デルタ株は従来株に比べてブレイクスルー感染の頻度が高い?
では、デルタ株に関しては、どのような報告があるのだろうか。イスラエルの研究では、ファイザーワクチンを2回接種して7日経過した以降に感染した人は、ワクチンを打っていない人や、ワクチン1回接種後14日~ワクチン2回目接種後6日以内に感染した人に比べて、デルタ株感染の比率が多かったと報告している。
また、テキサスのヒューストンで行われた研究では、デルタ株は、その他の株と比較して、2回目のワクチン接種後14日経過した、ブレイクスルー感染の比率が高かったと報告している。その他の株では、感染数全体のうちブレイクスルー感染の占める割合は5.8%だったのに対し、デルタ株では19.7%を占めていたとのことだ。
ただし、この2つの研究は、デルタ株が流行する初期までに行われたもので、デルタ株への置換が進んでいない時期であり、デルタ株の症例数が少なく、信頼性は十分とはいえないため、今後のさらなる研究が待たれる。
ワクチン接種はどのくらいの期間有効?
最近の研究では、ワクチン接種の効果は長くは続かないことが示唆されるようになってきた。ファイザーワクチンは、当初は高い効果を示すものの、3-4ヶ月後には低下すると考えられている。6ヶ月後には、若い医療従事者でも抗体価が低下していたが、高齢者でより顕著だという報告もある。

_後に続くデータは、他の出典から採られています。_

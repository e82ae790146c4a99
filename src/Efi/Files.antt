-- ===== src/Efi/Files.antt =====
-- open_root and read_file of boot/efi/loader.c. What the firmware answers to the calls is a
-- parameter; the resources that a call holds are part of the state, and to give one back that is not
-- held is a fault.
use mantle_os.Base.{ℕ, Bool, true, false, not, ◌||◌, ◌≡◌, Option, none, some, ◌==◌, if◌then◌else◌}
use mantle_os.Memory.{Run, done, fault, ◌>>=◌, Region}

-- The status codes of the firmware's interface, and the test EFI_ERROR on them.
pub record StatusCodes : Type 0 where
  pub is_error : ℕ → Bool
  pub efi_success : ℕ
  pub efi_load_error : ℕ
  pub efi_buffer_too_small : ℕ
  pub efi_out_of_resources : ℕ
  pub success_lem : is_error efi_success ≡ false
  pub load_error_lem : is_error efi_load_error ≡ true
  pub too_small_lem : is_error efi_buffer_too_small ≡ true
  pub out_of_resources_lem : is_error efi_out_of_resources ≡ true

-- The answers to the calls of open_root.
pub record RootAnswers : Type 0 where
  pub loaded : ℕ
  pub filesystem : ℕ
  pub volume : ℕ

unfoldable pub open_root : StatusCodes → RootAnswers → ℕ
open_root u a =
    if u.is_error a.loaded
    then a.loaded
    else if u.is_error a.filesystem
    then a.filesystem
    else a.volume

-- The answers to the calls of read_file, in their order; the contents of the buffer after the
-- read, and its address.
pub record FileAnswers : Type 0 where
  pub open_status : ℕ
  pub size_status : ℕ
  pub info_pool : ℕ
  pub info_status : ℕ
  pub file_size : ℕ
  pub buffer_pool : ℕ
  pub read_status : ℕ
  pub read_size : ℕ
  pub address : ℕ
  pub contents : ℕ → ℕ

pub record Resources : Type 0 where
  pub file_open : Bool
  pub info_held : Bool
  pub buffer_held : Bool

abbrev pub nothing_held : Resources
nothing_held = record { file_open = false; info_held = false; buffer_held = false }

-- The status, the buffer (`none` is the null pointer), and what is still held.
pub record ReadEnd : Type 0 where
  pub status : ℕ
  pub buffer : Option Region
  pub held : Resources

abbrev close_file : Resources → Run Resources
close_file r = if r.file_open then done (record r { file_open = false }) else fault

abbrev free_info : Resources → Run Resources
free_info r = if r.info_held then done (record r { info_held = false }) else fault

abbrev free_buffer : Resources → Run Resources
free_buffer r = if r.buffer_held then done (record r { buffer_held = false }) else fault

-- The file is closed, and then the function returns.
abbrev close_and_return : ℕ → Resources → Run ReadEnd
close_and_return status r = do
  r' ← close_file r
  done (record { status = status; buffer = none; held = r' })

abbrev free_and_return : ℕ → Resources → Run ReadEnd
free_and_return status r = free_info r >>= close_and_return status

-- From the read on.
unfoldable pub finish_read : StatusCodes → FileAnswers → Resources → Run ReadEnd
finish_read u a r = do
  freed ← free_info r
  closed ← close_file freed
  if u.is_error a.read_status || not (a.read_size == a.file_size)
      then (free_buffer closed >>= λ r'.
          done (record { status = u.efi_load_error; buffer = none; held = r' }))
      else done (record {
        status = u.efi_success;
        buffer = some (record { byte = a.contents; size = a.file_size });
        held = closed;
      })

unfoldable pub read_file : StatusCodes → FileAnswers → Resources → Run ReadEnd
unfolding finish_read
read_file u a r =
    let opened : Resources = record r { file_open = true } in
    let informed : Resources = record opened { info_held = true } in
    if u.is_error a.open_status
    then done (record { status = a.open_status; buffer = none; held = r })
    else if not (a.size_status == u.efi_buffer_too_small)
    then close_and_return a.size_status opened
    else if u.is_error a.info_pool
    then close_and_return a.info_pool opened
    else if u.is_error a.info_status
    then free_and_return a.info_status informed
    else if u.is_error a.buffer_pool
    then free_and_return a.buffer_pool informed
    else finish_read u a (record informed { buffer_held = true })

それに対してモデルナワクチンは、デルタ株が優勢な期間において、ブレイクスルー感染が少なくファイザーよりも有効ではないかとする報告がある。アストラゼネカのワクチンは、当初はファイザー、モデルナワクチンよりも効果が低いが、3、4ヶ月経過すると、効果の低下が比較的早いファイザーのワクチンとほぼ同等になるという研究結果もある。
イスラエルでは、3回目のブースター接種を行うと、デルタ株にも、ブレイクスルー感染の予防効果があるのではと示唆する研究結果が報告されている。